## What you will do
Where the listing below has a line with "-- passes over", write out exactly that line and every line after it, stopping after the line with "executed) now ≡ ok none".

__________

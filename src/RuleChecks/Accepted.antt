-- ===== src/RuleChecks/Accepted.antt =====
-- What it means that the controller accepts a rule.
use dynamic_annotation_contr.Base.{
  refl, some, ◌↔◌, ◌≡◌, ◌≢◌, ◌⊎◌, true, none, Option, List, [], ◌∷◌, arith, All, Bytes, keep,
  is_empty,
}
use dynamic_annotation_contr.Api.{
  RuleStatus, Rule, ScheduleConfig, AnnotationOperation, AnnotationGroup,
}
use dynamic_annotation_contr.Validator.{AnnotationValidator, validate_annotations}
use dynamic_annotation_contr.Operation.{
  Policies, validate_annotation_operation, validate_operations, validate_annotation_groups,
}
use dynamic_annotation_contr.Schedule.{
  Cron, validate_schedule, validate_date_time_schedule, validate_cron_schedule,
}
use dynamic_annotation_contr.RuleChecks.{
  validate_conflict_resolution, is_supported_type, unsupported_resource_types,
  validate_resource_types, validate_legacy_annotations, check_operation_templates,
  check_group_templates, validate_rule_groups, validate_annotations_config, validate_datetime,
  validate_cron, validate_schedule_config, validate_rule,
}

-- A schedule that the parser accepts is accepted by the controller.
pub validate_schedule_config-parsed :
    {S : Type 0} (cron : Cron S) (s : ScheduleConfig)
    → validate_schedule cron s ≡ none
    → validate_schedule_config s ≡ none
unfolding validate_schedule validate_date_time_schedule validate_cron_schedule
    validate_schedule_config validate_datetime validate_cron
validate_schedule_config-parsed cron s h = ground arith

operation_templates :
    (rm : Policies) (group : Bytes) (ops : List AnnotationOperation)
    → validate_operations rm ops ≡ none
    → check_operation_templates group ops ≡ none
unfolding check_operation_templates validate_operations validate_annotation_operation
operation_templates rm group [] h = ground arith
operation_templates rm group (op ∷ ops) h = ground (arith, operation_templates rm group ops)

-- Groups that the resource manager accepts have valid templates: the second check of the templates,
-- by the controller, finds nothing.
group_templates :
    (rm : Policies) (gs : List AnnotationGroup)
    → validate_annotation_groups rm gs ≡ none
    → check_group_templates gs ≡ none
unfolding check_group_templates validate_annotation_groups
group_templates rm [] h = ground arith
group_templates rm (g ∷ gs) h =
    ground (arith, operation_templates rm g.name g.operations, group_templates rm gs)

supported_types :
    (types : List Bytes)
    → is_empty (unsupported_resource_types types) ≡ true
    → All (λ t. is_supported_type t ≡ true) types
unfolding unsupported_resource_types keep
supported_types [] h = tt
supported_types (t ∷ ts) h = ground (arith, supported_types ts)

-- An accepted rule has supported resource types only, and either annotations that the resource
-- manager's policy accepts or groups that it accepts, not both.
validate_rule_lem :
    (rm : Policies) (security : Option AnnotationValidator) (rule : Rule)
    → validate_rule rm security rule ≡ none
    → All (λ t. is_supported_type t ≡ true) rule.spec.target_resources
      × (((rule.spec.annotations ≢ [])
            × (rule.spec.annotation_groups ≡ [])
            × (validate_annotations rm.validator rule.spec.annotations ≡ none))
          ⊎ ((rule.spec.annotations ≡ [])
              × (rule.spec.annotation_groups ≢ [])
              × (validate_annotation_groups rm rule.spec.annotation_groups ≡ none)))
unfolding validate_rule validate_resource_types validate_annotations_config
    validate_legacy_annotations validate_rule_groups
validate_rule_lem rm security rule h = ground (arith, supported_types rule.spec.target_resources)

-- What the configured policy decides: with it a rule is accepted exactly if it is accepted without
-- it and has annotation groups, of which the policy is not asked, or legacy annotations that the
-- policy accepts. So it admits nothing that the resource manager's own policy rejects.
pub validate_rule_configured :
    (rm : Policies) (security : AnnotationValidator) (rule : Rule)
    → (validate_rule rm (some security) rule ≡ none) ↔ (
        (validate_rule rm none rule ≡ none)
        × ((rule.spec.annotation_groups ≢ [])
            ⊎ (validate_annotations security rule.spec.annotations ≡ none)))
unfolding validate_rule validate_resource_types validate_annotations_config
    validate_legacy_annotations
validate_rule_configured rm security rule = (λ h. (ground arith, ground arith), λ h. ground arith)

-- The validation does not look at the status.
pub validate_rule-status :
    (rm : Policies) (security : Option AnnotationValidator) (rule : Rule) (status : RuleStatus)
    → validate_rule rm security (record rule { status = status }) ≡ validate_rule rm security rule
unfolding validate_rule validate_resource_types validate_annotations_config
    validate_legacy_annotations validate_rule_groups validate_conflict_resolution
validate_rule-status rm security rule status = refl
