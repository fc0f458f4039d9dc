-- ===== src/Schedule/Execution.antt =====
-- When a schedule is due, and what is due then.
use dynamic_annotation_contr.Base.{
  ℕ, ◌≡◌, ◌≢◌, ◌⊎◌, ◌↔◌, ◌<◌, ◌≤◌, refl, false, Option, none, some, Bytes, codes, arith, str_eq,
  str_eq_self,
}
use dynamic_annotation_contr.Api.{Time, ScheduleConfig}
use dynamic_annotation_contr.Client.{Result, ok, err}
use dynamic_annotation_contr.Schedule.{
  Cron, ScheduleError, Phase, pending, active, completed, nil_start_time, validate_schedule,
  validate_date_time_schedule, calculate_next_execution, calculate_cron_next_execution,
  calculate_date_time_next_execution, get_date_time_phase, get_date_time_action,
  get_execution_action, get_schedule_phase,
}

datetime_ne_cron : str_eq (codes "cron") (codes "datetime") ≡ false
datetime_ne_cron = unfold str_eq in refl

-- What a schedule by times asks for at `t`: the annotations are applied when the start is reached,
-- and removed when the end is.
abbrev IsPlanned : ScheduleConfig → Time → Bytes → Type 0
IsPlanned s t action =
    ((s.start_time ≡ some t) × (action ≡ codes "apply"))
    ⊎ ((s.end_time ≡ some t) × (action ≡ codes "remove"))

-- The first of the planned times that lie ahead.
abbrev pub IsNextPlanned : ScheduleConfig → Time → Time → Bytes → Type 0
IsNextPlanned s now t action =
    IsPlanned s t action
    × (now < t)
    × ((later : Time) (other : Bytes) → IsPlanned s later other → now < later → t ≤ later)

-- An execution lies in the past.
abbrev IsPast : Option Time → Time → Type 0
IsPast none now = Unit
IsPast (some executed) now = executed ≤ now

-- What the code asks of the last execution besides: none before the start, and before the end one at
-- the start itself.
abbrev pub IsInSequence : ScheduleConfig → Option Time → Bytes → Type 0
IsInSequence s last action =
    ((action ≡ codes "apply") × (last ≡ none))
    ⊎ ((action ≡ codes "remove") × (last ≢ none) × (last ≡ s.start_time))

apply_ne_remove : codes "apply" ≢ codes "remove"
apply_ne_remove e = cc

module _ {S : Type 0} (cron : Cron S) where
  -- A planned time that is computed comes before every other one that lies ahead.
  computed_first :
      (s : ScheduleConfig) (last : Option Time) (now t later : Time) (other : Bytes)
      → s.type ≡ codes "datetime"
      → validate_schedule cron s ≡ none
      → IsPast last now
      → calculate_next_execution cron s last now ≡ ok (some t)
      → IsPlanned s later other
      → now < later
      → t ≤ later
  unfolding validate_schedule validate_date_time_schedule calculate_next_execution
      calculate_date_time_next_execution
  computed_first s none now t later other ht hv hp h p hl =
      ground (arith, str_eq_self (codes "datetime"))
  computed_first s (some executed) now t later other ht hv hp h p hl =
      ground (arith, str_eq_self (codes "datetime"))

  -- For a valid schedule by times whose last execution lies in the past: what is computed, a time
  -- and the action determined for it, is the first of the planned times that lie ahead, with what is
  -- planned for it. That one is computed exactly if, when it is the start, nothing was executed
  -- before, and, when it is the end, the last execution was at the start itself; otherwise the code
  -- passes over it, although the schedule asks for it.
  pub calculate_next_execution-IsNextPlanned :
      (s : ScheduleConfig) (last : Option Time) (now t : Time) (action : Bytes)
      → s.type ≡ codes "datetime"
      → validate_schedule cron s ≡ none
      → IsPast last now
      → ((calculate_next_execution cron s last now ≡ ok (some t))
          × (get_execution_action s last ≡ ok action))
        ↔ (IsNextPlanned s now t action × IsInSequence s last action)
  unfolding validate_schedule validate_date_time_schedule calculate_next_execution
      calculate_date_time_next_execution get_execution_action get_date_time_action
  calculate_next_execution-IsNextPlanned s last now t action ht hv hp = (
    λ h. (
      (
        ground (arith, str_eq_self (codes "datetime")),
        ground (arith, str_eq_self (codes "datetime")),
        λ later other. computed_first s last now t later other ht hv hp h.0,
      ),
      ground (arith, str_eq_self (codes "datetime")),
    ),
    λ h. ground (arith, apply_ne_remove, str_eq_self (codes "datetime")),
  )

  -- For a valid schedule by times, a start that has passed before any execution is never executed:
  -- from then on nothing is due, neither the start nor the end.
  missed_start_never_due :
      (s : ScheduleConfig) (start now : Time)
      → s.type ≡ codes "datetime"
      → validate_schedule cron s ≡ none
      → s.start_time ≡ some start
      → start ≤ now
      → calculate_next_execution cron s none now ≡ ok none
  unfolding validate_schedule calculate_next_execution calculate_date_time_next_execution
  missed_start_never_due s start now ht hv hs h = ground (arith, str_eq_self (codes "datetime"))

  -- For a valid schedule by times, after an execution that was recorded at any instant other than
  -- the start itself nothing is due any more, at any time: the end is never executed.
  pub late_start_never_ends :
      (s : ScheduleConfig) (start executed now : Time)
      → s.type ≡ codes "datetime"
      → validate_schedule cron s ≡ none
      → s.start_time ≡ some start
      → executed ≢ start
      → calculate_next_execution cron s (some executed) now ≡ ok none
  unfolding validate_schedule calculate_next_execution calculate_date_time_next_execution
  late_start_never_ends s start executed now ht hv hs h =
      ground (arith, str_eq_self (codes "datetime"))

  -- After validation nothing is read through a nil start time.
  validated_never_panics :
      (s : ScheduleConfig) (last : Option Time) (now : Time)
      → validate_schedule cron s ≡ none
      → (calculate_next_execution cron s last now ≢ err nil_start_time)
        × (get_execution_action s last ≢ err nil_start_time)
        × ((get_schedule_phase cron s now).1 ≡ none)
  unfolding validate_schedule validate_date_time_schedule calculate_next_execution
      calculate_cron_next_execution calculate_date_time_next_execution get_execution_action
      get_date_time_action get_schedule_phase get_date_time_phase
  validated_never_panics s last now h = ground arith

-- pending, then active, then completed
abbrev rank : Result ScheduleError Phase → ℕ
rank (ok pending) = 0
rank (ok active) = 1
rank (ok completed) = 2
rank _ = 3

-- The phase of a schedule by times never goes back as time goes on.
phase_monotone :
    (s : ScheduleConfig) (now later : Time)
    → now ≤ later
    → rank (get_date_time_phase s now) ≤ rank (get_date_time_phase s later)
unfolding get_date_time_phase
phase_monotone s now later h = ground arith
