-- ===== src/Controller/Executor.antt =====
-- TaskExecutor of internal/controller/annotationschedulerule_controller.go, with the reconciler set
-- as cmd/main.go sets it: the execution of a due task with its retries, the metrics, and the status
-- of its rule. An executor without a reconciler is a function of its own.
pub mod Tasks
pub mod Recorded
use dynamic_annotation_contr.Base.{
  not, ℕ, ◌+◌, ◌-◌, ◌==◌, Bool, true, false, ◌||◌, Option, none, some, List, [], ◌∷◌, if◌then◌else◌,
  length, is_empty, Bytes, codes, str_eq, split,
}
use dynamic_annotation_contr.Api.{Time, Object, Rule}
use dynamic_annotation_contr.Client.{Client, Result, ok, err}
use dynamic_annotation_contr.Audit.{
  AuditSink, RuleInfo, log_annotation_apply, log_annotation_remove,
}
use dynamic_annotation_contr.Template.{TemplateContext}
use dynamic_annotation_contr.Scheduler.{ScheduledTask}
use dynamic_annotation_contr.Status.{ErrorTexts, record_execution}
use dynamic_annotation_contr.Errors.{ErrorTests}
use dynamic_annotation_contr.Manager.Legacy.{keys_of}
use dynamic_annotation_contr.Manager.Groups.{GroupResult, GroupFailure, no_error}
use dynamic_annotation_contr.Manager.Discovery.{QueryError, get_matching_resources}
use dynamic_annotation_contr.Manager.Annotations.{
  WriteError, apply_annotations, remove_annotations, apply_annotation_groups,
  remove_annotation_groups,
}
use dynamic_annotation_contr.Controller.{
  ExecutionMetrics, Environment, Settings, State, Failure, attempt, record_metrics,
}
use dynamic_annotation_contr.Controller.Actions.{
  update_failed, fetch_failed, TaskTests, TaskError, StatusError, execute_action,
}

-- The namespace and the name: of the task, or else the parts of the rule ID.
unfoldable pub rule_of_task : ScheduledTask → Option (Bytes × Bytes)
rule_of_task task =
    let parts : Option (Bytes × Bytes) = elim (split task.rule_id b'/') [
      | namespace ∷ name ∷ [] ↦ some (namespace, name)
      | other ↦ none
    ] in
    if is_empty task.rule_namespace || is_empty task.rule_name
    then parts
    else some (task.rule_namespace, task.rule_name)

module _ {W E S L C F : Type 0} (env : Environment W E S L C F) (settings : Settings)
    (tests : TaskTests E F) where
  -- one attempt of updateRuleStatusAfterExecution
  write_status :
      Bytes
      → Bytes
      → ScheduledTask
      → Option (Failure (TaskError E F))
      → ℕ
      → Time
      → State W L
      → Option (StatusError E) × (Unit {0} × State W L)
  write_status namespace name task failure affected at s =
      let (fetched, w₁) = env.rules.get_rule namespace name s.world in
      let s₁ : State W L = record s { world = w₁ } in
      let texts_of : Option ErrorTexts = elim failure [
        | none ↦ none
        | some e ↦ some (tests.failed_texts e task.action)
      ] in
      elim fetched [
        | err e ↦ (some (fetch_failed e), (tt, s₁))
        | ok rule ↦
            let status =
              record_execution texts_of (tests.success_text affected) affected at (env.now w₁)
                (env.now w₁) rule.status in
            let (failed, w₂) = env.rules.update_status (record rule { status = status }) w₁ in
            (
              elim failed [ none ↦ none | some e ↦ some (update_failed e) ],
              (tt, record s₁ { world = w₂ }),
            )
      ]

  update_rule_status_after_execution :
      ScheduledTask → Option (Failure (TaskError E F)) → ℕ → Time → State W L → State W L
  update_rule_status_after_execution task failure affected at s = elim (rule_of_task task) [
    | none ↦ s
    | some (namespace, name) ↦
        (attempt env tests.on_status settings.error_handler
          (write_status namespace name task failure affected at) tt s).1.1
  ]

  pub execute_task : ScheduledTask → State W L → Option (Failure (TaskError E F)) × State W L
  execute_task task s =
      let start = env.now s.world in
      let (failure, (affected, s₁)) =
        attempt env tests.on_task settings.error_handler (execute_action env settings tests task) 0
          s in
      let success : Bool = elim failure [ none ↦ true | some e ↦ false ] in
      let metrics : Option ExecutionMetrics = elim s₁.metrics [
        | none ↦ none
        | some m ↦ some (record_metrics success (env.now s₁.world - start) (env.now s₁.world) m)
      ] in
      (
        failure,
        update_rule_status_after_execution task failure affected start
            (record s₁ { metrics = metrics }),
      )

  -- A nil reconciler has no error handler and no audit logger.
  abbrev without_reconciler : Settings
  without_reconciler = record settings { error_handler = none; has_audit_logger = false }

  -- ExecuteTask of an executor whose reconciler is not set: one attempt, neither metrics nor status
  unfoldable execute_task_unset :
      ScheduledTask → State W L → Option (Failure (TaskError E F)) × State W L
  execute_task_unset task s =
      let (failure, (affected, s₁)) =
        attempt env tests.on_task none (execute_action env without_reconciler tests task) 0 s in
      (failure, s₁)
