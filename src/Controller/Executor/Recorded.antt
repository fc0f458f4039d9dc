-- ===== src/Controller/Executor/Recorded.antt =====
-- How an execution reaches the status of its rule.
use dynamic_annotation_contr.Base.{ℕ, ◌≡◌, none, some, Option, Bytes, arith}
use dynamic_annotation_contr.Api.{Time, Rule, RuleStatus}
use dynamic_annotation_contr.Client.{ok}
use dynamic_annotation_contr.Scheduler.{ScheduledTask}
use dynamic_annotation_contr.Status.{ErrorTexts, record_execution}
use dynamic_annotation_contr.Controller.{Environment, Settings, State, Failure, attempt}
use dynamic_annotation_contr.Controller.Retries.{attempt-first}
use dynamic_annotation_contr.Controller.Actions.{TaskTests, TaskError, execute_action}
use dynamic_annotation_contr.Controller.Executor.{
  rule_of_task, write_status, update_rule_status_after_execution, execute_task,
}

module _ {W E S L C F : Type 0} (env : Environment W E S L C F) (settings : Settings)
    (tests : TaskTests E F) where
  -- what the retries of the action come to
  abbrev pub attempted :
      ScheduledTask → State W L → Option (Failure (TaskError E F)) × (ℕ × State W L)
  attempted task s =
      attempt env tests.on_task settings.error_handler (execute_action env settings tests task) 0 s

  -- the status that the execution of a task gives a rule, written in this state of the world
  abbrev pub executed_status : ScheduledTask → State W L → Rule → W → RuleStatus
  executed_status task s rule w =
      let (failure, (affected, s₁)) = attempted task s in
      let texts : Option ErrorTexts = elim failure [
        | none ↦ none
        | some e ↦ some (tests.failed_texts e task.action)
      ] in
      record_execution texts (tests.success_text affected) affected (env.now s.world) (env.now w)
        (env.now w) rule.status

  module _ (task : ScheduledTask) (namespace name : Bytes) (rule : Rule) (w w' : W)
      (failure : Option (Failure (TaskError E F))) (affected : ℕ) (at : Time) where
    -- what the record of an execution makes of the status
    abbrev status : RuleStatus
    status =
        let texts : Option ErrorTexts = elim failure [
          | none ↦ none
          | some e ↦ some (tests.failed_texts e task.action)
        ] in
        record_execution texts (tests.success_text affected) affected at (env.now w) (env.now w)
          rule.status

    write_status_lem :
        (s : State W L)
        → env.rules.get_rule namespace name s.world ≡ (ok rule, w)
        → env.rules.update_status (record rule { status = status }) w ≡ (none, w')
        → write_status env settings tests namespace name task failure affected at s
          ≡ (none, (tt, record s { world = w' }))
    unfolding write_status
    write_status_lem s hg hu = ground arith

    update_status_lem :
        (s : State W L)
        → rule_of_task task ≡ some (namespace, name)
        → env.rules.get_rule namespace name s.world ≡ (ok rule, w)
        → env.rules.update_status (record rule { status = status }) w ≡ (none, w')
        → (update_rule_status_after_execution env settings tests task failure affected at s).world
          ≡ w'
    unfolding update_rule_status_after_execution
    update_status_lem s ht hg hu = ground (
      arith,
      write_status_lem s hg hu,
      attempt-first env tests.on_status
          (write_status env settings tests namespace name task failure affected at)
          settings.error_handler tt s,
    )

  -- If the rule is fetched, and the update of its status accepted, at the first attempt, then what
  -- an execution leaves in the cluster is that update.
  pub execute_task_recorded :
      (task : ScheduledTask) (s : State W L) (namespace name : Bytes) (rule : Rule) (w w' : W)
      → rule_of_task task ≡ some (namespace, name)
      → env.rules.get_rule namespace name (attempted task s).1.1.world ≡ (ok rule, w)
      → env.rules.update_status (record rule { status = executed_status task s rule w }) w
        ≡ (none, w')
      → (execute_task env settings tests task s).1.world ≡ w'
  unfolding execute_task
  execute_task_recorded task s namespace name rule w w' ht hg hu =
      update_status_lem task namespace name rule w w' failure affected (env.now s.world) _ ht hg hu
    where
      failure : Option (Failure (TaskError E F))
      failure = (attempted task s).0

      affected : ℕ
      affected = (attempted task s).1.0
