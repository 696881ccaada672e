-- ===== src/Lib.antt =====
-- SwiftSSH: an SSH-2.0 library in Rust, with a server and a client.
--
-- The program in layers, from the bytes up, and the files that model each part:
-- - src/packet: the binary packet and the wire types. Packet/Types.antt (message numbers, constants),
--   Packet/Utf8.antt (which byte strings are texts), Packet/Buf.antt (`SshBuf`), Packet/Codec.antt
--   (`SshPacket`). The proofs stand in Packet/Numbers, Packet/Buf/{Laws, Names, Mpint} and
--   Packet/Codec/{Shape, RoundTrip, Frames}.
-- - src/crypto: Crypto.antt (`AesCipher`, `CipherPair`, HMAC, `derive_key`); proofs in Crypto/{Stream, Derive}.
-- - src/session: Session.antt (`SessionKeys`).
-- - src/transport: Transport/Stream.antt (the two halves of a connection), Transport/Io.antt
--   (`send_packet`, `recv_packet`), Transport/Version.antt (the version lines), Transport/Kex.antt
--   (`KexClient`, `KexServer`); proofs in Transport/Io/{Sync, Receive, Cut, RoundTrip, Reads,
--   Panic, Accept, Progress, Plain, Halves, Exchange},
--   Transport/Version/Lines and Transport/Kex/Agreement.
-- - src/connection: Connection/Channel.antt (`ChannelManager`), Connection/Messages.antt (builders and
--   parsers); proofs in Connection/Channel/{Invariant, Runs, Flow} and Connection/Messages/RoundTrip.
-- - src/auth: Auth.antt (`UserDatabase`, `AuthRequest`); proofs in Auth/{Users, Requests}.
-- - src/sftp: Sftp.antt (constants), Sftp/Attrs.antt (`FileAttrs`), Sftp/Messages.antt (`SftpPacket` and
--   the responses), Sftp/Path.antt (`normalize_path`, and what it uses of std::path),
--   Sftp/FileSystem.antt (std::fs as a parameter), Sftp/Handler.antt (`SftpHandler`) with its requests
--   in Sftp/Handler/{Dirs, Files, Requests}. Proofs: Sftp/Attrs/Laws, Sftp/Messages/Laws,
--   Sftp/Path/Normal and its child (names and normal paths), Sftp/Handler/{Answers, Moves, Replies} (a
--   step relation of what a request may do), Resolve, Confined and Reach (what a client can reach),
--   Handles (the life of a handle). Sftp/FileSystem/Toy.antt is a file system for the examples.
-- - src/bin/server.rs: Server.antt (the handshake, the service request, the authentication loop, and the
--   keys of both sides), Server/Commands.antt (`execute_command`), Server/Loop.antt and
--   Server/Loop/{Requests, Run} (the channel loop: the messages, and the rounds),
--   Server/Connection.antt (`handle_connection`). Proofs in Server/{Keys, Counts, Greeting, Handshake, Login} and
--   Server/Loop/{Effects, Acts} (a step relation of what a message does), Table (the channels), Ends,
--   Sound, Replies, Executed (the answer to a command, as the client reads it) and Numbers.
-- - src/bin/client.rs: Client.antt (the handshake), Client/Session.antt (the login and the session channel),
--   Client/Shell.antt (the loops, `run_client`); Client/{Payloads, Steps, Stages, Wires, Joint},
--   Client/Session/{Login, Opened, Answers, Command} and Client/{Admitted, Opened, Ran} let both sides talk,
--   from the version lines to what the client prints.
-- - src/error: Error.antt. Shared helpers are in Prelude and its children; HashMap.antt is the map of
--   the standard library. The files named Examples run the theorems at concrete inputs.
--
-- How the parts interact: the server's loop receives packets (Transport), keeps the table of channels
-- (Connection), hands the data of a channel to the one SFTP handler of the connection (Sftp), and runs
-- commands; the disk is passed through all of it, also where a round ends with an error.
--
-- How the code is read:
-- - Functions keep the names of the code; an associated function `new` stands in its type's module.
--   State that the code changes through `&mut` is an argument and part of the result.
-- - A `Vec<u8>`, `&[u8]`, `String` or `&str` is the list of its bytes; a text is one that `is_utf8`
--   accepts. A cursor is the list of the bytes not read yet. `as u32` and `as u8` keep their remainder,
--   `+= 1` on a u32 wraps around as in a release build.
-- - `SshResult` has the outcomes ok and err of the code, and panic, for where the code can abort: a
--   `Vec` of the size of a difference that went below zero, and an `unwrap`.
-- - A stream is what the peer has sent and how the stream ends; a writer is what was sent and whether
--   the connection is up. tokio's read_exact and write_all act on those.
-- - The crates aes, ctr, hmac, sha2 and x25519_dalek are the record `Crates`, an argument of all that
--   uses them. What the code relies on of them is in Crypto/Laws.antt: a stream cipher is an
--   exclusive or with a key stream, HMAC and SHA-256 have 32 bytes, `verify_slice` compares, and both
--   sides of the agreement get the same secret. Random bytes (padding, cookie, secrets) are arguments.
-- - std::fs and the starting of a process are arguments: the record `FileSystem` and `spawn`. Of std::fs
--   only this is assumed, as `IsLawful`: canonicalize gives a path without `.` and `..`.
--   std::path is modelled for Unix, as documented. The theorems on what a client can reach speak of
--   paths; that calls on paths below the root leave something alone is a hypothesis there, which a
--   symbolic link that leads out of the root would break.
-- - `select!` of the client takes what is ready from a list, so that every order is covered.
-- - A HashMap is a list of entries, visited in the list's order.
--
-- Loops: `recv_version_string` takes a byte at a time and recurses on the bytes that are left;
-- the authentication loop, the channel loop and the client's loop on the answers have fuel; for the
-- server's two loops more than the bytes on the stream is enough;
-- `derive_key` has the number of wanted bytes as fuel, which is enough since each round adds 32.
-- The limits are the code's: packets of 35000 bytes, block sizes of 8 and 16 (the padding length is
-- one byte, so the packet round trip holds up to a block size of 252), version lines of 255 bytes.
--
-- Not modelled: logging, sockets and tasks (connections share nothing but the disk), the command line
-- and the reading of standard input, the zeroing of keys in memory, the keys that a failed packet
-- leaves behind (the callers end the connection then), and a line that interrupts the client's
-- receiving of a packet.
pub mod Prelude
pub mod Error
pub mod HashMap
pub mod Packet
pub mod Crypto
pub mod Session
pub mod Sftp
pub mod Transport
pub mod Connection
pub mod Auth
pub mod Server
pub mod Client
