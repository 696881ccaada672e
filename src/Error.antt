-- ===== src/Error.antt =====
-- src/error/mod.rs: the error type of every fallible operation, and `SshResult`.
-- `panic` is the outcome of an operation that aborts the task: a `Vec` larger than memory allows.
use swift_ssh.Prelude.{ℕ, String, List, ◌≡◌, ◌≢◌, refl, Option, none, some}

-- `std::io::ErrorKind`, as far as the code tells the kinds apart.
pub data IoError : Type 0 where
  unexpected_eof : IoError
  other : IoError

-- An error's text: a literal, or a format with the number or the text that it shows.
pub data Message : Type 0 where
  msg : String → Message
  msg_num : String → ℕ → Message
  msg_text : String → List ℕ → Message

pub data SshError : Type 0 where
  io : IoError → SshError
  protocol key_exchange auth_failed channel sftp encryption decryption : Message → SshError
  mac_mismatch : SshError
  invalid_packet : Message → SshError
  unexpected_message : ℕ → SshError
  connection_closed timeout : SshError
  unsupported_algorithm : Message → SshError

pub data SshResult {ℓ} (A : Type ℓ) : Type ℓ where
  ok : A → SshResult A
  err : SshError → SshResult A
  panic : SshResult A

-- `?`
infixl 5 ◌>>=◌
abbrev pub ◌>>=◌ {ℓ κ} : {A : Type ℓ} {B : Type κ} → SshResult A → (A → SshResult B) → SshResult B
ok a >>= f = f a
err e >>= f = err e
panic >>= f = panic

pub ok-injective {ℓ} : {A : Type ℓ} {a b : A} → ok a ≡ ok b → a ≡ b
ok-injective h = cc

module _ {ℓ κ} {A : Type ℓ} {B : Type κ} where
  -- A chain that ends in a value has passed through a value.
  pub >>=-eq-ok :
      (first : SshResult A) (then_do : A → SshResult B) {r : B}
      → (first >>= then_do) ≡ ok r
      → (passed : A) × (first ≡ ok passed) × (then_do passed ≡ ok r)
  >>=-eq-ok panic then_do q = cc
  >>=-eq-ok (err e) then_do q = cc
  >>=-eq-ok (ok passed) then_do q = (passed, refl, q)

  -- What does not panic, and goes on with what does not panic, does not panic.
  pub >>=-ne-panic :
      (first : SshResult A) (then_do : A → SshResult B)
      → first ≢ panic
      → ((a : A) → then_do a ≢ panic)
      → (first >>= then_do) ≢ panic
  >>=-ne-panic panic then_do calm goes_on = λ q. calm refl
  >>=-ne-panic (err e) then_do calm goes_on = λ q. cc
  >>=-ne-panic (ok a) then_do calm goes_on = goes_on a

-- `ok_or`, and `map_err` of a read that the standard library may refuse
abbrev pub ok_or {ℓ} : {A : Type ℓ} → Option A → SshError → SshResult A
ok_or (some a) e = ok a
ok_or none e = err e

__________

## Solution to this exercise
  -- passes over it, although the schedule asks for it.
  pub calculate_next_execution-IsNextPlanned :
      (s : ScheduleConfig) (last : Option Time) (now t : Time) (action : Bytes)
      → s.type ≡ codes "datetime"
      → validate_schedule cron s ≡ none
      → IsPast last now
      → ((calculate_next_execution cron s last now ≡ ok (some t))
          × (get_execution_action s last ≡ ok action))
        ↔ (IsNextPlanned s now t action × IsInSequence s last action)
  unfolding validate_schedule validate_date_time_schedule calculate_next_execution
      calculate_date_time_next_execution get_execution_action get_date_time_action
  calculate_next_execution-IsNextPlanned s last now t action ht hv hp = (
    λ h. (
      (
        ground (arith, str_eq_self (codes "datetime")),
        ground (arith, str_eq_self (codes "datetime")),
        λ later other. computed_first s last now t later other ht hv hp h.0,
      ),
      ground (arith, str_eq_self (codes "datetime")),
    ),
    λ h. ground (arith, apply_ne_remove, str_eq_self (codes "datetime")),
  )

  -- For a valid schedule by times, a start that has passed before any execution is never executed:
  -- from then on nothing is due, neither the start nor the end.
  missed_start_never_due :
      (s : ScheduleConfig) (start now : Time)
      → s.type ≡ codes "datetime"
      → validate_schedule cron s ≡ none
      → s.start_time ≡ some start
      → start ≤ now
      → calculate_next_execution cron s none now ≡ ok none
  unfolding validate_schedule calculate_next_execution calculate_date_time_next_execution
  missed_start_never_due s start now ht hv hs h = ground (arith, str_eq_self (codes "datetime"))

  -- For a valid schedule by times, after an execution that was recorded at any instant other than
  -- the start itself nothing is due any more, at any time: the end is never executed.
  pub late_start_never_ends :
      (s : ScheduleConfig) (start executed now : Time)
      → s.type ≡ codes "datetime"
      → validate_schedule cron s ≡ none
      → s.start_time ≡ some start
      → executed ≢ start
      → calculate_next_execution cron s (some executed) now ≡ ok none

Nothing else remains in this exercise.